# Can someone give a XAP for Spotify?



## PrinceKicksters (Jun 22, 2017)

Spotify's gone now on the Windows Store, since they published their Win32 app to the Store, they removed their WP app too as well. I dunno if they also render the installed Spotify to the phones itself, but I did experience something. When you try to play anything, it will hang, even offline tracks won't play. That's why when I try logging out didn't work, I uninstalled the app and tried to reinstall it on the Store. Finally knowing that they finally removed it, even on Library it won't show

For the one last time I want to give this dying **** Lumia WP of mine another try because I really can't live without the source of music on my phone. I atleast wanna reinstall Spotify by any version (would be better if the most recent one, the redesigned navigation bar at the bottom one) to tell if it even still working. If not I'll finally switch to Android with an S8 soon.

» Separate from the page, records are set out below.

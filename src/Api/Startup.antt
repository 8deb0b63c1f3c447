-- ===== src/Api/Startup.antt =====
-- app/main.py: `lifespan`, behind the loading of the models and the construction of the
-- clients.
use rag_ingestion_service.Storage.Buckets.{ensure_buckets_lem, Creates, ensure_buckets}
use rag_ingestion_service.Prelude.{
  ap, Bool, List, Text, false, if◌then◌else◌, nat_eq, option_eq, refl, text_eq, true, ◌≡◌, ◌∙◌,
  Bool-cases, inl, inr,
}
use rag_ingestion_service.Prelude.Result.{err, Result, ok}
use rag_ingestion_service.Exec.{>>=_returned, lift_ind, Exec, Keeps, pure, modify, ◌>>◌}
use rag_ingestion_service.Errors.{Exception}
use rag_ingestion_service.Settings.{Settings}
use rag_ingestion_service.Storage.{S3, bucket_exists}
use rag_ingestion_service.Search.{OpenSearch, ensure_index}
use rag_ingestion_service.Search.Calibration.{
  Floats, Probes, verify_cosine_calibration, verify_cosine_calibration-Keeps,
}

-- What startup changes; `ready` is the event that the internal application waits for.
pub record Process (S I : Type 0) : Type 0 where
  pub store : S
  pub index : I
  pub ready : Bool

module _ {S I : Type 0} where
  abbrev pub on_process_index : {A : Type 0} → Exec I A → Exec (Process S I) A
  on_process_index m p = let (r, i) = m p.index in (r, record p { index = i })

  abbrev pub on_process_store : {A : Type 0} → Exec S A → Exec (Process S I) A
  on_process_store m p = let (r, s) = m p.store in (r, record p { store = s })

module _ (digest : Text → Text) {S I F : Type 0} (s3 : S3 S) (client : OpenSearch I)
    (floats : Floats F) (probes : Probes I F) (tolerance : F) (s : Settings) where
  unfoldable pub lifespan : Exec (Process S I) (Unit {0})
  lifespan = do
    on_process_index (ensure_index digest client s)
    on_process_index (verify_cosine_calibration floats client probes tolerance)
    on_process_store (ensure_buckets s3 s)
    modify (λ (p : Process S I). record p { ready = true })

-- What OpenSearch promises of an index: it is asked for and searched without a change, and there once
-- it is created.
pub record CreatesIndex {I F : Type 0} (client : OpenSearch I) (probes : Probes I F)
    (exists : I → Bool) : Type 0 where
  pub asked : (i : I) → client.index_exists i ≡ (ok (exists i), i)
  pub made : (i i' : I) → client.create_index i ≡ (ok tt, i') → exists i' ≡ true
  pub any_kept : Keeps (λ i. exists i ≡ true) probes.search_any
  pub near_kept : (vector : List Text) → Keeps (λ i. exists i ≡ true) (probes.search_near vector)

module _ (digest : Text → Text) {S I F : Type 0} (s3 : S3 S) (client : OpenSearch I)
    (floats : Floats F) (probes : Probes I F) (tolerance : F) (s : Settings) (exists : I → Bool)
    (buckets : Creates s3) (indexes : CreatesIndex client probes exists) where
  ensure_index_lem : (i i' : I) → ensure_index digest client s i ≡ (ok tt, i') → exists i' ≡ true
  unfolding ensure_index
  ensure_index_lem i i' e =
      let asked = indexes.asked i in
      let made : (if exists i then pure tt else client.create_index) i ≡ (ok tt, i') =
        rw asked at e in
      elim (Bool-cases (exists i)) [
        | inl there ↦
            let same : pure tt i ≡ (ok tt, i') = rw there at made in
            let here : i ≡ i' = cc in rw (← here) there
        | inr away ↦ indexes.made i i' (rw away at made)
      ]

  index_there :
      (i i' : I)
      → exists i ≡ true
      → verify_cosine_calibration floats client probes tolerance i ≡ (ok tt, i')
      → exists i' ≡ true
  index_there i i' there e =
      let left : (verify_cosine_calibration floats client probes tolerance i).1 ≡ i' = cc in
      rw (← left) (
        verify_cosine_calibration-Keeps floats client probes (λ j. exists j ≡ true) tolerance
          (λ j h. rw (indexes.asked j) h) indexes.any_kept indexes.near_kept i there)

  abbrev Outcome : Type 0
  Outcome = Result Exception (Unit {0}) × Process S I

  abbrev Unready : Bool → Result Exception (Unit {0}) → Process S I → Type 0
  Unready was (ok done) p = Unit
  Unready was (err e) p = p.ready ≡ was

  -- A part that raises leaves the event as it was.
  raised-Unready :
      (p : Process S I)
      → Unready p.ready
          (lifespan digest s3 client floats probes tolerance s p).0
          (lifespan digest s3 client floats probes tolerance s p).1
  unfolding lifespan
  raised-Unready p =
      let (r₁, i) = ensure_index digest client s p.index in
      let (r₂, i') = verify_cosine_calibration floats client probes tolerance i in
      let (r₃, store) = ensure_buckets s3 s p.store in
      lift_ind (Unready p.ready) r₁ _ (record p { index = i }) (λ e. refl)
        (λ _.
          lift_ind (Unready p.ready) r₂ _ (record p { index = i' }) (λ e. refl)
            (λ _.
              lift_ind (Unready p.ready) r₃ _ (record p { index = i'; store = store }) (λ e. refl)
                (λ _. tt)))

  started_lem :
      (p p' : Process S I)
      → lifespan digest s3 client floats probes tolerance s p ≡ (ok tt, p')
      → (exists p'.index ≡ true)
        × (bucket_exists s3 s.s3_bucket_docs p'.store ≡ true)
        × (bucket_exists s3 s.s3_bucket_icons p'.store ≡ true)
        × (bucket_exists s3 s.s3_bucket_staging p'.store ≡ true)
  unfolding lifespan
  started_lem p p' e =
      let calibrate = on_process_index (verify_cosine_calibration floats client probes tolerance) in
      let make_buckets = on_process_store (ensure_buckets s3 s) in
      let set_ready = modify (λ (q : Process S I). record q { ready = true }) in
      let (_, p₁, at_index, e₁) =
        >>=_returned (on_process_index (ensure_index digest client s))
          (λ _. calibrate >> (make_buckets >> set_ready)) p tt p' e in
      let (_, p₂, at_scores, e₂) =
        >>=_returned calibrate (λ _. make_buckets >> set_ready) p₁ tt p' e₁ in
      let (_, p₃, at_store, e₃) = >>=_returned make_buckets (λ _. set_ready) p₂ tt p' e₂ in
      let there =
        index_there p₁.index p₂.index
          (ensure_index_lem p.index p₁.index (ap (λ (q : Outcome). (q.0, q.1.index)) at_index))
          (ap (λ (q : Outcome). (q.0, q.1.index)) at_scores) in
      let same_index : p₂.index ≡ p'.index =
        ap (λ (q : Outcome). q.1.index) at_store ∙ ap (λ (q : Outcome). q.1.index) e₃ in
      let same_store : p₃.store ≡ p'.store = ap (λ (q : Outcome). q.1.store) e₃ in
      let (docs, icons, staging) =
        ensure_buckets_lem s3 buckets s p₂.store p₃.store
          (ap (λ (q : Outcome). (q.0, q.1.store)) at_store) in
      (
        rw (← same_index) there,
        rw (← same_store) docs,
        rw (← same_store) icons,
        rw (← same_store) staging,
      )

  -- However a startup ends that begins when the service is not ready, the service is ready behind it
  -- only if the index and the three buckets are there, where S3 and OpenSearch do what `Creates` and
  -- `CreatesIndex` say.
  pub lifespan_lem :
      (p p' : Process S I) (r : Result Exception (Unit {0}))
      → p.ready ≡ false
      → lifespan digest s3 client floats probes tolerance s p ≡ (r, p')
      → p'.ready ≡ true
      → (exists p'.index ≡ true)
        × (bucket_exists s3 s.s3_bucket_docs p'.store ≡ true)
        × (bucket_exists s3 s.s3_bucket_icons p'.store ≡ true)
        × (bucket_exists s3 s.s3_bucket_staging p'.store ≡ true)
  lifespan_lem p p' (ok tt) unready e is_ready = started_lem p p' e
  lifespan_lem p p' (err x) unready e is_ready =
      let still : p'.ready ≡ p.ready = rw e at (raised-Unready p) in absurd (cc)
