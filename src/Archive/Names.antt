-- ===== src/Archive/Names.antt =====
-- app/archive.py: what `safe_name` lets through, and the loop that finds a free name.
use mathlib.Core.List.{tail-eq_of_cons-eq, append_cancel_left, append_cancel_right}
use native.Mathlib.Numerals.{add-two}
use rag_ingestion_service.Prelude.{
  ℕ, zero, suc, ◌+◌, ◌≤◌, ◌<◌, ◌≡◌, ◌≢◌, inl, inr, true, false, List, [], arith, Text, codes, slash,
  Bool-cases, length, contains, nat_eq, text_eq, remove, length-remove-lt, contains-remove_ne,
}
use rag_ingestion_service.Prelude.Decimal.{decimal_injective}
use rag_ingestion_service.Prelude.Paths.{path_stem, normpath, path_name-LacksSlash}
use rag_ingestion_service.Prelude.Result.{ok}
use rag_ingestion_service.Archive.{
  forward_slashes, safe_name, numbered_name, free_name, unique_name,
}

-- One component of a path, and neither of the two that stand for directories.
pub record IsSafe (name : Text) : Type 0 where
  pub one_component : contains name slash ≡ false
  pub ne_empty : name ≢ []
  pub ne_dot : name ≢ codes "."
  pub ne_dot_dot : name ≢ codes ".."

-- A name that `safe_name` returns is a single component that is no directory.
pub safe_name-IsSafe : (raw name : Text) → safe_name raw ≡ ok name → IsSafe name
unfolding safe_name
safe_name-IsSafe raw name h = ground (arith, path_name-LacksSlash (normpath (forward_slashes raw)))

numbered_name_injective :
    (name suffix : Text) (i j : ℕ)
    → numbered_name name suffix i ≡ numbered_name name suffix j
    → i ≡ j
unfolding numbered_name
numbered_name_injective name suffix i j e = decimal_injective i j (
    append_cancel_right _ _ suffix (tail-eq_of_cons-eq (append_cancel_left (path_stem name) _ _ e)))

module _ (name suffix : Text) (seen : List Text) where
  -- `left` holds the names that the remaining candidates can still collide with.
  free_name_fresh :
      (fuel counter : ℕ) (unique : Text) (left : List Text)
      → length left < fuel
      → (contains seen unique ≡ true → contains left unique ≡ true)
      → ((j : ℕ)
          → counter ≤ j
          → contains seen (numbered_name name suffix j) ≡ true
          → contains left (numbered_name name suffix j) ≡ true)
      → ((j : ℕ) → counter ≤ j → numbered_name name suffix j ≢ unique)
      → contains seen (free_name name suffix seen fuel counter unique) ≡ false
  unfolding free_name
  free_name_fresh zero counter unique left h here later apart = elim h [ ]
  free_name_fresh (suc fuel) counter unique left h here later apart =
      elim (Bool-cases (contains seen unique)) [
        | inr free ↦ rw free free
        | inl taken ↦ rw taken (
            free_name_fresh fuel (counter + 1) (numbered_name name suffix counter)
              (remove unique left) (omega (arith, length-remove-lt unique left (here taken)))
              (λ m.
                rw (contains-remove_ne unique _ left (apart counter (omega arith)))
                  (later counter (omega arith) m))
              (λ j le m.
                rw (contains-remove_ne unique _ left (apart j (omega arith)))
                  (later j (omega arith) m))
              (λ j le e. absurd (omega (arith, numbered_name_injective name suffix j counter e))))
      ]

-- The name that the loop ends with is not taken, for every list of names taken so far.
pub unique_name_fresh :
    (name suffix : Text) (seen : List Text) → contains seen (unique_name name suffix seen) ≡ false
unfolding unique_name
unique_name_fresh name suffix seen = elim (Bool-cases (contains seen name)) [
  | inr free ↦ rw (add-two, free_name, free) free
  | inl taken ↦
      rw (add-two, free_name, taken)
        (free_name_fresh name suffix seen (suc (length seen)) 2 (numbered_name name suffix 1) seen
          (omega arith) (λ m. m) (λ j le m. m)
          (λ j le e. absurd (omega (arith, numbered_name_injective name suffix j 1 e))))
]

*Please give any recent XAP of Spotify*


----------



## Nightsteed (Jun 24, 2017)

PrinceKicksters said:


> *Please give any recent XAP of Spotify*

Click to collapse



Here you have: https://mega.nz/#!MMM3UZJJ!4FZOobPOhpi6ouGQgi9knHC5Haddpg-D6DLkSjpe-wE


----------



## fat8893 (Dec 1, 2017)

Nightsteed said:


> Here you have: https://mega.nz/#!MMM3UZJJ!4FZOobPOhpi6ouGQgi9knHC5Haddpg-D6DLkSjpe-wE

Click to collapse



The link's dead.


----------



## abrahamjohn891 (Dec 2, 2017)

PrinceKicksters said:


> Spotify's gone now on the Windows Store, since they published their Win32 app to the Store, they removed their WP app too as well. I dunno if they also render the installed Spotify to the phones itself, but I did experience something. When you try to play anything, it will hang, even offline tracks won't play. That's why when I try logging out didn't work, I uninstalled the app and tried to reinstall it on the Store. Finally knowing that they finally removed it, even on Library it won't show
> 
> For the one last time I want to give this dying **** Lumia WP of mine another try because I really can't live without the source of music on my phone. I atleast wanna reinstall Spotify by any version (would be better if the most recent one, the redesigned navigation bar at the bottom one) to tell if it even still working. If not I'll finally switch to Android with an S8 soon.
> 
> *Please give any recent XAP of Spotify*

Click to collapse



Spotify is not removed from store. It's hidden for some regions. You can download 9Zen Store app from Store and you can find Spotify and which direct to Spotify App in store.


----------